Think of Base64 Data as Plain Text

I think there is still confusion in the minds of many developers about Base64 encoding.  It's not encryption.  It doesn't offer any protection of the data at all.  It's trivial to decode with Burp Suite, a desktop utility, or a website such as this.

When testing a web application for security, be sure to decode any Base64-encoded strings you see (often they will have one or two "=" at the end).  You may find the resulting data is gibberish, which probably means it's encrypted or hashed.  Or you may find sensitive user data developers were hoping to hide.  You also might find technical information about the deployment infrastructure or a clue that leads you to another area of the application that has a security hole.

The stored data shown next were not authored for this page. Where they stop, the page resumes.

-- ===== src/Base/Table.antt =====
-- A keyed table: Go's `map`, and an SQLite table with a primary key. Rows keep the order of
-- their first insertion.
use Prim.Native.String.{String}
use mathlib.Core.Path.{◌≡◌, refl}
use mathlib.Core.Logic.{◌↔◌}
use mathlib.Core.Bool.{Bool, true}
use mathlib.Core.Option.{Option, none, some}
use mathlib.Core.List.{List, [], ◌∷◌}
use native.Mathlib.Omega.{arith}
use text.Mathlib.Text.{◌==◌ as str_eq}
use text.Mathlib.TextEquality.{eq_iff}
use doris_sync.Base.Tests.{if◌then◌else◌}

-- Keys that can be compared.
pub record Key (K : Type 0) : Type 0 where
  pub same : K → K → Bool
  pub same_iff : (a b : K) → (same a b ≡ true) ↔ (a ≡ b)

instance abbrev pub string_key : Key String
string_key = record { same = str_eq; same_iff = eq_iff }

abbrev pub Table : Type 0 → Type 0 → Type 0
Table K V = List (K × V)

abbrev pub map_some {ℓ} : {V : Type ℓ} → (V → V) → Option V → Option V
map_some f none = none
map_some f (some v) = some (f v)

pub same_refl : {K : Type 0} ⦃k : Key K⦄ (a : K) → k.same a a ≡ true
same_refl ⦃k⦄ a = (k.same_iff a a).1 refl

module _ {K V : Type 0} ⦃k : Key K⦄ where
  unfoldable pub lookup : K → Table K V → Option V
  lookup a [] = none
  lookup a ((b, v) ∷ t) = if k.same b a then some v else lookup a t

  -- INSERT … ON CONFLICT DO UPDATE, and assignment to a key of a map.
  unfoldable pub upsert : K → V → Table K V → Table K V
  upsert a v [] = (a, v) ∷ []
  upsert a v ((b, w) ∷ t) = if k.same b a then (b, v) ∷ t else (b, w) ∷ upsert a v t

  -- UPDATE … WHERE key: no row, no change.
  unfoldable pub update : K → (V → V) → Table K V → Table K V
  update a f [] = []
  update a f ((b, w) ∷ t) = if k.same b a then (b, f w) ∷ t else (b, w) ∷ update a f t

  pub lookup-upsert :
      (a b : K) (v : V) (t : Table K V)
      → lookup b (upsert a v t) ≡ (if k.same a b then some v else lookup b t)
  unfolding lookup upsert
  lookup-upsert a b v [] = refl
  lookup-upsert a b v ((c, w) ∷ t) =
      ground (arith, k.same_iff c a, k.same_iff c b, k.same_iff a b, lookup-upsert a b v t)

  pub lookup-update :
      (a b : K) (f : V → V) (t : Table K V)
      → lookup b (update a f t) ≡ (if k.same a b then map_some f (lookup b t) else lookup b t)
  unfolding lookup update
  lookup-update a b f [] = ground arith
  lookup-update a b f ((c, w) ∷ t) =
      ground (arith, k.same_iff c a, k.same_iff c b, k.same_iff a b, lookup-update a b f t)

  pub lookup-upsert_self : (a : K) (v : V) (t : Table K V) → lookup a (upsert a v t) ≡ some v
  lookup-upsert_self a v t = ground (arith, lookup-upsert a a v t, same_refl a)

What is Base64 encoding?  Just a way to encode ANY data so it can be represented as plain ASCII text.  This is convenient in many situations.  Email attachments are sent as Base64 data for example.  For every 3 bytes of data, encoding will get you 4 ASCII characters.  It works by first concatenating ("smooshing") the data together in binary form, then chunking it up into 6 bit sequences.  Padding with zeros is done if needed so the data is a multiple of 3 bytes. Each 6 bit sequence is converted to an ASCII character according to a standard Base64 encoding table.

Here is an example of Base64 encoding in action.

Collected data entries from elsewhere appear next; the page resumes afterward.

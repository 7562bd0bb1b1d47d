-- ===== src/Base/Text.antt =====
-- Texts: the parts of Go's `strings` that the program uses, over the characters of a text.
pub mod Chars
use Prim.Native.Char.{Char, code}
use Prim.Native.Nat.{ℕ, zero, suc, ◌+◌, ◌-◌, ◌/◌, ◌%◌}
use Prim.Native.String.{String, ◌++◌}
use mathlib.Core.Path.{◌≡◌, refl}
use mathlib.Core.Bool.{Bool, true, false, ◌&&◌, ◌||◌}
use mathlib.Core.Option.{Option, none, some}
use mathlib.Core.List.{List, [], ◌∷◌}
use native.Mathlib.Omega.{arith}
use text.Mathlib.Text.{◌==◌}
use doris_sync.Base.Tests.{eqb, leb, ltb, is_some, if◌then◌else◌}

-- unicode.IsSpace
pub is_space : ℕ → Bool
is_space c =
    (leb 9 c && leb c 13)
    || eqb c 32
    || eqb c 0x85
    || eqb c 0xA0
    || eqb c 0x1680
    || (leb 0x2000 c && leb c 0x200A)
    || eqb c 0x2028
    || eqb c 0x2029
    || eqb c 0x202F
    || eqb c 0x205F
    || eqb c 0x3000

-- strings.TrimLeft over a class of characters.
unfoldable pub trim_left : (ℕ → Bool) → String → String
trim_left p String.[] = ""
trim_left p (String.◌∷◌ c s) = if p (code c) then trim_left p s else String.◌∷◌ c s

-- strings.TrimRight: a character stays if something after it stays.
unfoldable pub trim_right : (ℕ → Bool) → String → String
trim_right p String.[] = ""
trim_right p (String.◌∷◌ c s) =
    let rest = trim_right p s in if p (code c) && rest == "" then "" else String.◌∷◌ c rest

unfoldable pub trim_space : String → String
unfolding trim_left trim_right is_space
trim_space s = trim_right is_space (trim_left is_space s)

-- strings.Trim(s, "/")
unfoldable pub trim_slashes : String → String
unfolding trim_left trim_right
trim_slashes s = trim_right (λ c. eqb c b'/') (trim_left (λ c. eqb c b'/') s)

-- strings.ReplaceAll of one character.
unfoldable pub replace_char : ℕ → String → String → String
replace_char old new String.[] = ""
replace_char old new (String.◌∷◌ c s) =
    (if eqb (code c) old then new else String.◌∷◌ c String.[]) ++ replace_char old new s

-- strings.Join
unfoldable pub join : String → List String → String
join sep [] = ""
join sep (x ∷ []) = x
join sep (x ∷ y ∷ ys) = x ++ (sep ++ join sep (y ∷ ys))

abbrev cons_first : Char → List String → List String
cons_first c [] = String.◌∷◌ c String.[] ∷ []
cons_first c (s ∷ rest) = String.◌∷◌ c s ∷ rest

-- strings.Split at one character: always one part more than there are separators.
unfoldable pub split : ℕ → String → List String
split sep String.[] = "" ∷ []
split sep (String.◌∷◌ c s) =
    let rest = split sep s in if eqb (code c) sep then "" ∷ rest else cons_first c rest

-- Is the character in the text? strings.Contains of one character.
unfoldable pub has_char : ℕ → String → Bool
has_char x String.[] = false
has_char x (String.◌∷◌ c s) = eqb (code c) x || has_char x s

-- Go's `<` on strings: byte order, which for UTF-8 is the order of the code points.
unfoldable pub str_lt : String → String → Bool
str_lt s String.[] = false
str_lt String.[] (String.◌∷◌ d t) = true
str_lt (String.◌∷◌ c s) (String.◌∷◌ d t) =
    ltb (code c) (code d) || (eqb (code c) (code d) && str_lt s t)

pub str_lt_irrefl : (s : String) → str_lt s s ≡ false
unfolding str_lt
str_lt_irrefl String.[] = refl
str_lt_irrefl (String.◌∷◌ c s) = ground (arith, str_lt_irrefl s)

pub str_lt_trans : (s t u : String) → str_lt s t ≡ true → str_lt t u ≡ true → str_lt s u ≡ true
unfolding str_lt
str_lt_trans String.[] String.[] u h k = ground arith
str_lt_trans String.[] (String.◌∷◌ d t) String.[] h k = ground arith
str_lt_trans String.[] (String.◌∷◌ d t) (String.◌∷◌ e u) h k = refl
str_lt_trans (String.◌∷◌ c s) String.[] u h k = ground arith
str_lt_trans (String.◌∷◌ c s) (String.◌∷◌ d t) String.[] h k = ground arith
str_lt_trans (String.◌∷◌ c s) (String.◌∷◌ d t) (String.◌∷◌ e u) h k =
    ground (arith, str_lt_trans s t u)

-- strings.TrimPrefix and strings.HasPrefix: what is left behind a prefix, if it is one.
unfoldable pub strip_prefix : String → String → Option String
strip_prefix String.[] s = some s
strip_prefix (String.◌∷◌ d p) String.[] = none
strip_prefix (String.◌∷◌ d p) (String.◌∷◌ c s) =
    if eqb (code d) (code c) then strip_prefix p s else none

unfoldable pub has_prefix : String → String → Bool
unfolding strip_prefix
has_prefix s p = is_some (strip_prefix p s)

unfoldable pub trim_prefix : String → String → String
unfolding strip_prefix
trim_prefix s p = elim (strip_prefix p s) [ none ↦ s | some rest ↦ rest ]

-- strings.Count of one character.
unfoldable pub count_char : ℕ → String → ℕ
count_char x String.[] = 0
count_char x (String.◌∷◌ c s) = (if eqb (code c) x then 1 else 0) + count_char x s

-- The character at an index, as a text.
unfoldable pub char_text : ℕ → String → String
char_text i String.[] = ""
char_text zero (String.◌∷◌ c s) = String.◌∷◌ c String.[]
char_text (suc i) (String.◌∷◌ c s) = char_text i s

lower_one : Char → String
unfolding char_text
lower_one c =
    if leb b'A' (code c) && leb (code c) b'Z'
    then char_text (code c - 65) "abcdefghijklmnopqrstuvwxyz"
    else String.◌∷◌ c String.[]

-- strings.ToLower. Letters outside ASCII are left as they are.
unfoldable pub to_lower : String → String
unfolding lower_one
to_lower String.[] = ""
to_lower (String.◌∷◌ c s) = lower_one c ++ to_lower s

upper_one : Char → String
unfolding char_text
upper_one c =
    if leb b'a' (code c) && leb (code c) b'z'
    then char_text (code c - 97) "ABCDEFGHIJKLMNOPQRSTUVWXYZ"
    else String.◌∷◌ c String.[]

-- strings.ToUpper. Letters outside ASCII are left as they are.
unfoldable pub to_upper : String → String
unfolding upper_one
to_upper String.[] = ""
to_upper (String.◌∷◌ c s) = upper_one c ++ to_upper s

-- strings.EqualFold
unfoldable pub equal_fold : String → String → Bool
unfolding to_lower
equal_fold a b = to_lower a == to_lower b

-- strings.HasSuffix
unfoldable pub has_suffix : String → String → Bool
has_suffix String.[] t = t == ""
has_suffix (String.◌∷◌ c s) t = String.◌∷◌ c s == t || has_suffix s t

-- strings.Contains
unfoldable pub has_text : String → String → Bool
unfolding has_prefix
has_text String.[] t = t == ""
has_text (String.◌∷◌ c s) t = has_prefix (String.◌∷◌ c s) t || has_text s t

-- %d of a number, its digits from the right; a number has no more digits than its fuel.
decimal_loop : ℕ → ℕ → String
decimal_loop zero n = ""
decimal_loop (suc f) n =
    let front = decimal_loop f (n / 10) in
    let last = char_text (n % 10) "0123456789" in if ltb n 10 then last else front ++ last

unfoldable pub decimal : ℕ → String
unfolding decimal_loop char_text
decimal n = decimal_loop (suc n) n

-- hash[:n] of a text of single-byte characters.
unfoldable pub take_chars : ℕ → String → String
take_chars zero s = ""
take_chars (suc n) String.[] = ""
take_chars (suc n) (String.◌∷◌ c s) = String.◌∷◌ c (take_chars n s)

1) Start with some data. It could be Hex, Binary, ASCII, and so on.  Let's use the word "Hi".

2) Convert each byte to binary. We need to add one zero for padding in this case.
H : ascii code 72 / binary 01001000
i : ascii code 105 / binary 01101001
0 : binary 00000000

3) Smoosh the binary data together:
010010000110100100000000

4) Chunk it up into 6 bit sequences:
010010 000110 100100 000000
The decimal equivalent is:
18  6  36  0

5) Convert to Base64 using the table below. Any artificial trailing zero is represented by a "=".

The Base64 string is:  SGk=